South Salt Lake DUI Checkpoint Gets a Judicial Drubbing | News | Salt Lake City Weekly
Support the Free Press | Facts matter. Truth matters. Journalism matters
Salt Lake City Weekly has been Utah's source of independent news and in-depth journalism since 1984. Donate today to ensure the legacy continues.

News

South Salt Lake DUI Checkpoint Gets a Judicial Drubbing

by

2 comments

On May 21, 2010, at 11 p.m., officers from South Salt Lake Police Department and the Utah Highway Patrol set up traffic cones in the rain to stop traffic at a checkpoint at 250 West 3300 South. Over the next four hours, six drivers were arrested for alcohol impairment.

When defense attorney Charles Stewart represented one of the six defendants before South Salt Lake Justice Court Judge Catherine M. Johnson in September, he argued that the checkpoint was unlawful, later noting in a motion that his client—a 24-year-old man who had told the arresting officer he had been drinking—was “illegally seized and detained.” Johnson, as required by state statute, had authorized the administrative traffic checkpoint operation plan and procedures, which was submitted by South Salt Lake Lt. Glenn Smith. Johnson told Stewart she would bring in another judge to deal with his motion.

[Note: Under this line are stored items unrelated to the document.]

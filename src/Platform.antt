-- ===== src/Platform.antt =====
-- What the library takes from its platform and from @noble/curves: JSON, UTF-8, SHA-256, HMAC, AES and the
-- two Diffie-Hellman functions. A function that may throw gives an option. `IsPlatform` states what
-- their documents promise, and the library relies on.
use vti_didcomm_js.Prelude.{
  ℕ, ◌+◌, ◌%◌, ◌≤◌, Bool, true, false, Option, some, List, [], ◌∷◌, ◌++◌, ◌≡◌, length, All, IsByte,
}
use vti_didcomm_js.Prelude.Text.{Text, starts_with}
use vti_didcomm_js.Json.{Json, is_plain}

pub record Platform : Type 0 where
  pub parse : Text → Option Json
  pub stringify : Json → Text
  pub is_well_formed : Text → Bool
  pub utf8_encode : Text → List ℕ
  pub utf8_decode : List ℕ → Text
  pub sha256 : List ℕ → List ℕ
  pub hmac_sha512 : (key message : List ℕ) → List ℕ
  pub aes_cbc_encrypt : (key iv plaintext : List ℕ) → List ℕ
  pub aes_cbc_decrypt : (key iv ciphertext : List ℕ) → Option (List ℕ)
  pub aes_kw_wrap : (kek key : List ℕ) → List ℕ
  pub aes_kw_unwrap : (kek wrapped : List ℕ) → Option (List ℕ)
  pub x25519_public : List ℕ → List ℕ
  pub x25519_shared : (private_key peer : List ℕ) → Option (List ℕ)
  pub p256_public : List ℕ → Option (List ℕ)
  pub p256_shared : (private_key peer : List ℕ) → Option (List ℕ)
  pub p256_is_point : List ℕ → Bool

-- U+FEFF, which a TextDecoder takes away from the start.
abbrev pub byte_order_mark : Text
byte_order_mark = 0xfeff ∷ []

-- An uncompressed SEC1 point with its coordinates.
pub record IsPoint (point : List ℕ) : Type 0 where
  pub x : List ℕ
  pub y : List ℕ
  pub parts : point ≡ 4 ∷ (x ++ y)
  pub x_size : length x ≡ 32
  pub y_size : length y ≡ 32
  pub x_bytes : All IsByte x
  pub y_bytes : All IsByte y

pub record IsPlatform (p : Platform) : Type 0 where
  pub parse-stringify : (j : Json) → is_plain j ≡ true → p.parse (p.stringify j) ≡ some j
  pub stringify_well_formed : (j : Json) → p.is_well_formed (p.stringify j) ≡ true
  pub stringify_unmarked : (j : Json) → starts_with (p.stringify j) byte_order_mark ≡ false
  pub decode-encode :
      (t : Text)
      → p.is_well_formed t ≡ true
      → starts_with t byte_order_mark ≡ false
      → p.utf8_decode (p.utf8_encode t) ≡ t
  pub utf8_size : (c : ℕ) (t : Text) → 1 ≤ length (p.utf8_encode (c ∷ t))
  pub utf8_bytes : (t : Text) → All IsByte (p.utf8_encode t)
  pub sha256_bytes : (m : List ℕ) → All IsByte (p.sha256 m)
  pub sha256_size : (m : List ℕ) → length (p.sha256 m) ≡ 32
  pub hmac_bytes : (k m : List ℕ) → All IsByte (p.hmac_sha512 k m)
  pub hmac_size : (k m : List ℕ) → length (p.hmac_sha512 k m) ≡ 64
  pub cbc_bytes : (k iv m : List ℕ) → All IsByte (p.aes_cbc_encrypt k iv m)
  pub cbc_inverse :
      (k iv m : List ℕ)
      → length k ≡ 32
      → length iv ≡ 16
      → All IsByte m
      → p.aes_cbc_decrypt k iv (p.aes_cbc_encrypt k iv m) ≡ some m
  pub wrap_bytes : (kek k : List ℕ) → All IsByte (p.aes_kw_wrap kek k)
  pub wrap_size :
      (kek k : List ℕ)
      → length kek ≡ 32
      → 16 ≤ length k
      → length k % 8 ≡ 0
      → length (p.aes_kw_wrap kek k) ≡ length k + 8
  pub wrap_inverse :
      (kek k : List ℕ)
      → length kek ≡ 32
      → 16 ≤ length k
      → length k % 8 ≡ 0
      → All IsByte k
      → p.aes_kw_unwrap kek (p.aes_kw_wrap kek k) ≡ some k
  pub x25519_size : (a : List ℕ) → length (p.x25519_public a) ≡ 32
  pub x25519_bytes : (a : List ℕ) → All IsByte (p.x25519_public a)
  pub x25519_agree :
      (a b : List ℕ)
      → length a ≡ 32
      → length b ≡ 32
      → (z : List ℕ) × (p.x25519_shared a (p.x25519_public b) ≡ some z)
        × (p.x25519_shared b (p.x25519_public a) ≡ some z)
  pub p256_point :
      (a point : List ℕ)
      → p.p256_public a ≡ some point
      → IsPoint point × (p.p256_is_point point ≡ true)
  pub p256_agree :
      (a b point_a point_b : List ℕ)
      → p.p256_public a ≡ some point_a
      → p.p256_public b ≡ some point_b
      → (z : List ℕ) × (p.p256_shared a point_b ≡ some z) × (p.p256_shared b point_a ≡ some z)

In a Nov. 23 ruling, Riverton Justice Court Judge Gregory Bown agreed with Stewart, describing the plan as “constitutionally infirm.” It provided officers, he wrote, the authority “to stop and search whomever, whatever and wherever and for as long as they want.” Bown ordered evidence from the stopping of the defendant suppressed and South Salt Lake subsequently moved to dismiss Stewart’s client’s DUI charge.

Through 3rd District Court press officer Nancy Volmer, Johnson indicated “she followed the statute that outlines the procedures on checkpoints.” Johnson acknowledged that a reversal on a decision is an inevitable part of a judge’s career.

The South Salt Lake checkpoint plan not only gave officers the discretion to pull over and hold any driver they chose, but also, as Stewart noted in his motion to suppress, used language that “is almost identical” to that used in roadblock plans ruled unconstitutional by the Utah Supreme Court in 2000 and 2003.

The similar language included instructions to officers noting, “This administrative checkpoint is a driver’s license and registration check,” while also including a laundry list of criminal and traffic violations to check for, among them alcohol impairment, safety inspections and serving of outstanding warrants.

A checkpoint, according to federal and state statute, has to have a specific focus, such as looking for drunken drivers or checking for seat belt violations. Checkpoints with multiple purposes, however, resemble, as in the South Salt Lake plan, Stewart says, “a trawling expedition, a huge net.”
South Salt Lake city attorney Lyn Creswell, however, describes the plan as “pretty typical, not out of the ordinary.” When mistakes are made, “you learn from them and move forward,” he says.

In assessing checkpoints, “the court does a balancing act of public-policy benefit versus intrusion and the inconvenience of the driving public,” Stewart says. Utah state statute requires that for a checkpoint plan to pass judicial muster, it must minimize four factors: length of a motorist’s delay, intrusion upon his or her privacy, the level of fear it might give rise to for a driver, and the discretion of law enforcement. Bown ruled that not only did the plan give officers “unfettered discretion to enforce checkpoint purposes” that night, it failed to show “that each element of the purposes [of the plan] serve the limited, singular purpose of promoting the safe use of the highways.”

Provo-based attorney Stephen Frazier, who has represented defendants ensnared by checkpoints, says while checkpoints in Utah County may be done under the guise of “protecting society, ultimately, it’s a shakedown,” where officers want to see “how many DUIs I can get, let’s see who we can bust.”

But while some DUI attorneys argue checkpoints are primarily revenue generators, others characterize them as PR-driven in a state where legislative foes of alcohol consumption are plentiful. Stewart calculates the May 2010 four-hour checkpoint would have generated around $20,000 from outstanding warrants and various violations. But with 23 officers from South Salt Lake Police Department and the UHP working that night, along with two incident-management trucks, how profitable those four hours were is debatable.

When it comes to DUIs, Stewart argues, “the normal rules of engagement” for law enforcement “often don’t apply.” Whether it’s overly broad checkpoints or pretext stops, where officers follow customers leaving a bar for several miles until the driver makes a mistake and they are pulled over, Stewart laments, “in the name of preventing or curbing driving under the influence, constitutional protections are simply not done with the same rigor you’d see elsewhere in the law.”